PMEMD runs on many models of NVIDIA GPUs
GPU accelerated PMEMD has been implemented using CUDA and thus will only run on NVIDIA
GPUs at present although we are working on supporting AMD GPUs. Due to accuracy concerns with
pure single precision the code uses a custom designed hybrid single / double / fixed
precision model termed SPFP. This places the requirement that the GPU hardware supports both
double precision and integer atomics meaning only GPUs with hardware revision 3.0 and later
can be used. Support for hardware revisions 1.3 and 2.0 was present in previous versions of
the code but for code complexity and maintenance reasons has been deprecated as of AMBER 18.
For price and performance reasons, at this time we generally recommend the GeForce cards over
the more expensive Tesla or Quadro variants.
In addition to the general information presented below, Ross Walker has prepared a page with hardware details, about either building
your own GPU machine for Amber use, or for obtaining certified machines
from Exxact Corporation.
At the time of writing the following cards are supported by AMBER 18:
- Hardware Version 7.0 (Volta V100)
- Quadro GV100
- Hardware Version 6.1 (Pascal GP102/104)
- Titan-XP [aka Pascal Titan-X]
- GTX-1080TI / 1080 / 1070 / 1060
- Quadro P6000 / P5000
- P4 / P40
- Hardware Version 6.0 (Pascal P100/DGX-1)
- Quadro GP100 (with optional NVLink)
- P100 12GB / P100 16GB / DGX-1
- Hardware Version 5.0 / 5.5 (Maxwell)
- M4, M40, M60
- GTX970 / 980 / 980Ti
- Quadro cards supporting SM5.0 or 5.5
- Hardware Version 3.0 / 3.5 (Kepler I / Kepler II)
- Tesla K20 / K20X / K40 / K80
- Tesla K10 / K8
- GTX-Titan / GTX-Titan-Black / GTX-Titan-Z
- GTX770 / 780
- GTX670 / 680 / 690
- Quadro cards supporting SM3.0 or 3.5
While we recommend CUDA 9.1 or 9.2 for the best speed of the resulting executables, the
following compilers revisions are the minimum requirements for different tiers of
- Volta (V100 - SM_70) based cards require CUDA 9.0 or later.
- Pascal (GP102/104 - SM_61) based cards (GTX-1080TI / 1080 / 1070 / 1060 and
Titan-XP) require CUDA 8.0 or later.
- GTX-1080 cards require NVIDIA Driver version >= 367.27 for reliable
- GTX-Titan and GTX-780 cards require NVIDIA Driver version >= 319.60 for
correct numerical results.
- GTX-Titan-Black Edition cards require NVIDIA Driver version >= 337.09 or
331.79 or later for correct numerical results.

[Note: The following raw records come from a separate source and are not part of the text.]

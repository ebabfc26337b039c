-- ===== src/Pools/Loaded/Machines.antt =====
-- A machine's data, once they are processed.
use lnst.Prelude.{
  String, ◌≡◌, refl, subst, Option, none, some, List, [], ◌∷◌, Bool, true, false, not, ◌||◌, ◌&&◌,
  arith, ◌==◌, ==_iff, string_eq, Bool-cases, Option-cases, inl, inr, count,
}
use lnst.Prelude.Dict.{
  Dict, get, has, put, del, keys, IsDistinct, get-put, put-IsDistinct, get_of_has,
}
use lnst.Prelude.Exc.{
  Error, Result, ok, guard, or_raise, ◌>>◌, >>=-eq-ok, key_error, pool_manager_error,
}
use lnst.Mapper.Defs.{Iface, Host}
use lnst.Pools.{
  IfaceXml, MachineXml, Spec, Pool, process_iface_xml_data, add_iface_params, hwaddr_dup,
  add_interface, add_interfaces, require_hostname, add_params, or_empty, process_machine_xml_data,
  without_domain, add_file, check_listed,
}

-- A guard that does not raise.
pub guard_holds :
    (b : Bool) {A : Type 0} (rest : Result A) {a : A}
    → (guard b pool_manager_error >> rest) ≡ ok a
    → (b ≡ true) × (rest ≡ ok a)
guard_holds true rest h = (refl, h)
guard_holds false rest h = absurd (cc)

pub or_raise_ok : {A : Type 0} (o : Option A) (e : Error) {a : A} → or_raise o e ≡ ok a → o ≡ some a
or_raise_ok none e h = absurd (cc)
or_raise_ok (some x) e h = cc

-- The interfaces have a MAC address each, and no two share one.
pub record IfsOk (ifs : Dict String Iface) : Type 0 where
  pub distinct : IsDistinct ifs
  pub hwaddrs :
      (k : String) (p : Iface)
      → get ifs k ≡ some p
      → (v : String) × (get p.params "hwaddr" ≡ some v)
  pub apart :
      (k j : String) (p q : Iface)
      → get ifs k ≡ some p
      → get ifs j ≡ some q
      → get p.params "hwaddr" ≡ get q.params "hwaddr"
      → k ≡ j

no_ifs-IfsOk : IfsOk []
unfolding get keys count
no_ifs-IfsOk = record {
  distinct = λ k. omega arith;
  hwaddrs = λ k p h. absurd (cc);
  apart = λ k j p q h i e. absurd (cc);
}

process_iface_xml_data_lem :
    (iface : IfaceXml) {p : Iface}
    → process_iface_xml_data iface ≡ ok p
    → (v : String) × (get p.params "hwaddr" ≡ some v)
unfolding process_iface_xml_data
process_iface_xml_data_lem iface {p = p} h =
    let q = >>=-eq-ok (or_raise iface.params key_error) _ {end = p} h in
    let g = guard_holds (has (add_iface_params [] q.0) "hwaddr") _ {a = p} q.2 in
    let v = get_of_has (add_iface_params [] q.0) "hwaddr" g.0 in (v.0, ground (arith, g.1, v.1))

hwaddr_dup_lem :
    (x : String) (ifs : Dict String Iface) (b : Bool) (k : String) (p : Iface)
    → hwaddr_dup x ifs ≡ ok b
    → get ifs k ≡ some p
    → get p.params "hwaddr" ≡ some x
    → b ≡ true
unfolding hwaddr_dup get
hwaddr_dup_lem x [] b k p h there same = absurd (cc)
hwaddr_dup_lem x ((j, v) ∷ ifs) b k p h there same =
    let a = >>=-eq-ok (or_raise (get v.params "hwaddr") key_error) _ {end = b} h in
    let c = >>=-eq-ok (hwaddr_dup x ifs) (λ b. ok (a.0 == x || b)) {end = b} a.2 in
    let raised = or_raise_ok (get v.params "hwaddr") key_error {a = a.0} a.1 in
    elim (Bool-cases (j == k)) [
      | inl here ↦ ground (arith, rw here at there, raised, same, ==_iff a.0 x, c.2)
      | inr away ↦ ground (arith, hwaddr_dup_lem x ifs c.0 k p c.1 (rw away at there) same, c.2)
    ]

put-IfsOk :
    (ifs : Dict String Iface) (id mac : String) (p : Iface)
    → IfsOk ifs
    → get p.params "hwaddr" ≡ some mac
    → ((k : String) (q : Iface) → get ifs k ≡ some q → get q.params "hwaddr" ≡ some mac → ⊥)
    → IfsOk (put ifs id p)
put-IfsOk ifs id mac p o m new = record {
  distinct = put-IsDistinct ifs id p o.distinct;
  hwaddrs = λ k q h. elim (Bool-cases (id == k)) [
    | inl same ↦ (mac, ground (arith, rw (get-put ifs id k p, same) at h, m))
    | inr other ↦ o.hwaddrs k q (rw (get-put ifs id k p, other) at h)
  ];
  apart = λ k j q r h i e. elim (Bool-cases (id == k)) [
    | inl k_new ↦ elim (Bool-cases (id == j)) [
      | inl j_new ↦ cc ((==_iff id k).0 k_new, (==_iff id j).0 j_new)
      | inr j_old ↦ absurd (
          new j r (rw (get-put ifs id j p, j_old) at i)
            (cc (m, e, rw (get-put ifs id k p, k_new) at h)))
    ]
    | inr k_old ↦ elim (Bool-cases (id == j)) [
      | inl j_new ↦ absurd (
          new k q (rw (get-put ifs id k p, k_old) at h)
            (cc (m, e, rw (get-put ifs id j p, j_new) at i)))
      | inr j_old ↦
          o.apart k j q r (rw (get-put ifs id k p, k_old) at h)
            (rw (get-put ifs id j p, j_old) at i) e
    ]
  ];
}

add_interface-IfsOk :
    (ifs next : Dict String Iface) (iface : IfaceXml)
    → IfsOk ifs
    → add_interface ifs iface ≡ ok next
    → IfsOk next
unfolding add_interface
add_interface-IfsOk ifs next iface o h =
    let s = >>=-eq-ok (process_iface_xml_data iface) _ {end = next} h in
    let a =
      >>=-eq-ok
        (guard (not (has ifs iface.id)) pool_manager_error
          >> or_raise (get s.0.params "hwaddr") key_error)
        _ {end = next} s.2 in
    let g = guard_holds (not (has ifs iface.id)) _ {a = a.0} a.1 in
    let mac = or_raise_ok (get s.0.params "hwaddr") key_error {a = a.0} g.1 in
    let d = >>=-eq-ok (hwaddr_dup a.0 ifs) _ {end = next} a.2 in
    let n = guard_holds (not d.0) (ok (put ifs iface.id s.0)) {a = next} d.2 in
    subst (λ o. IfsOk o) {x = put ifs iface.id s.0} (ground (arith, n.1))
      (put-IfsOk ifs iface.id a.0 s.0 o mac
        (λ k p there same. cc (hwaddr_dup_lem a.0 ifs d.0 k p d.1 there same, n.0)))

add_interfaces-IfsOk :
    (ifs end : Dict String Iface) (more : List IfaceXml)
    → IfsOk ifs
    → add_interfaces ifs more ≡ ok end
    → IfsOk end
unfolding add_interfaces
add_interfaces-IfsOk ifs end [] o h = subst (λ o. IfsOk o) (ground (arith, h)) o
add_interfaces-IfsOk ifs end (iface ∷ more) o h =
    let s = >>=-eq-ok (add_interface ifs iface) _ {end = end} h in
    add_interfaces-IfsOk s.0 end more (add_interface-IfsOk ifs s.0 iface o s.1) s.2

-- A machine has a host name, and its interfaces are in order.
pub record SpecOk (h : Host) : Type 0 where
  pub hostname : (v : String) × (get h.params "hostname" ≡ some v)
  pub ifs : IfsOk h.interfaces

required :
    (params : Dict String String) (xml : MachineXml) {v : Unit {0}}
    → require_hostname params xml ≡ ok v
    → has params "hostname" ≡ true
unfolding require_hostname
required params xml h = elim (Bool-cases (has params "hostname")) [
  | inl there ↦ there
  | inr missing ↦ elim (Option-cases xml.params) [
    | inl nothing ↦ absurd (cc (rw (missing, nothing) at h))
    | inr (ps, some_ps) ↦ absurd (cc (rw (missing, some_ps) at h))
  ]
]

process_machine_xml_data-SpecOk :
    (xml : MachineXml) {m : Spec} → process_machine_xml_data xml ≡ ok m → SpecOk m.host
unfolding process_machine_xml_data
process_machine_xml_data-SpecOk xml {m = m} h =
    let params = add_params [] (or_empty xml.params) in
    let i =
      >>=-eq-ok (require_hostname params xml >> add_interfaces [] (or_empty xml.interfaces)) _
        {end = m} h in
    let r = >>=-eq-ok (require_hostname params xml) _ {end = i.0} i.1 in
    let v = get_of_has params "hostname" (required params xml r.1) in
    subst (λ (o : Spec). SpecOk o.host)
      {x = record {
        host = record { interfaces = i.0; params = params };
        security = xml.security;
        available = none;
      }}
      {y = m} (ground (arith, i.2))
      (record {
        hostname = v;
        ifs = add_interfaces-IfsOk [] i.0 (or_empty xml.interfaces) no_ifs-IfsOk r.2;
      })

del_other :
    (d : Dict String String) (v : String)
    → get d "hostname" ≡ some v
    → get (del d "libvirt_domain") "hostname" ≡ some v
unfolding get del
del_other [] v h = h
del_other ((k, w) ∷ d) v h = elim (Bool-cases (k == "libvirt_domain")) [
  | inl here ↦ rw here (rw ((==_iff k "libvirt_domain").0 here) at h)
  | inr away ↦ rw away (elim (Bool-cases (k == "hostname")) [
    | inl found ↦ rw found (rw found at h)
    | inr other ↦ rw other (del_other d v (rw other at h))
  ])
]

without_domain-SpecOk : (m : Spec) → SpecOk m.host → SpecOk (without_domain m).host
without_domain-SpecOk m o = record {
  hostname = (o.hostname.0, del_other m.host.params o.hostname.0 o.hostname.1);
  ifs = o.ifs;
}

-- add_file gives a machine in order, and one that the pool's are checked against.
pub add_file_lem :
    (allow_virt : Bool) (pool : Pool) (parsed : Result MachineXml) {m : Spec}
    → add_file allow_virt pool parsed ≡ ok m
    → SpecOk m.host × (check_listed m.host.params pool ≡ ok tt)
unfolding add_file
add_file_lem allow_virt pool parsed {m = m} h =
    let x = >>=-eq-ok parsed _ {end = m} h in
    let r = >>=-eq-ok (process_machine_xml_data x.0) _ {end = m} x.2 in
    let o = process_machine_xml_data-SpecOk x.0 {m = r.0} r.1 in
    elim (Bool-cases (has r.0.host.params "libvirt_domain" && not allow_virt)) [
      | inl removed ↦
          let c =
            >>=-eq-ok (check_listed (without_domain r.0).host.params pool) _ {end = m}
              (rw removed at r.2) in
          subst (λ (n : Spec). SpecOk n.host × (check_listed n.host.params pool ≡ ok tt))
            {x = without_domain r.0} {y = m} (ground (arith, c.2))
            (without_domain-SpecOk r.0 o, c.1)
      | inr kept ↦
          let c = >>=-eq-ok (check_listed r.0.host.params pool) _ {end = m} (rw kept at r.2) in
          subst (λ (n : Spec). SpecOk n.host × (check_listed n.host.params pool ≡ ok tt)) {x = r.0}
            {y = m} (ground (arith, c.2)) (o, c.1)
    ]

Other cards not listed here may also be supported as long as they implement Hardware
Revision 3.0, 3.5, 5.0, 5.5, 6.0, 6.1, or 7.0 specifications.
Note that you should ensure that all GPUs on which you plan to run PMEMD are connected to
PCI-E 2.0 x16 lane slots or better. If this is not the case then you will likely see degraded
performance, although this effect is lessened in serial if you write to the mdout or mdcrd
files infrequently (e.g. every 2000 steps or so). Scaling over multiple GPUs within a single
node is not really feasible anymore for PME calculations given the interconnect performance
has not kept pace with improvements in the individual GPU performance. However, it is still
possible to get good multi-GPU scaling for implicit solvent calculations larger than 2500
atoms if all GPUs are in x16 or better slots and can communicate via peer to peer (i.e.
connected to the same physical processor socket).
For a detailed writeup on PCI-E layouts in modern hardware and the variations in peer to
peer support see the following write-up: [Exploring the complexities
of PCI-E connectivity]. It is also possible to run over multiple nodes, although you are
unlikely to see any performance benefit and thus it is not recommended except for loosely
coupled runs such as REMD. The main advantage of AMBER's approach to GPU implementation over
other implementations such as NAMD and Gromacs is that it is possible to run multiple single
GPU runs on a single node with little or no slow down. For example, a node with 4 Titan-XP
[Pascal Titan-X] cards could run 4 individual AMBER DHFR 4fs NVE calculations all at the same
time without slowdown providing an aggregate throughput in excess of 2500ns/day.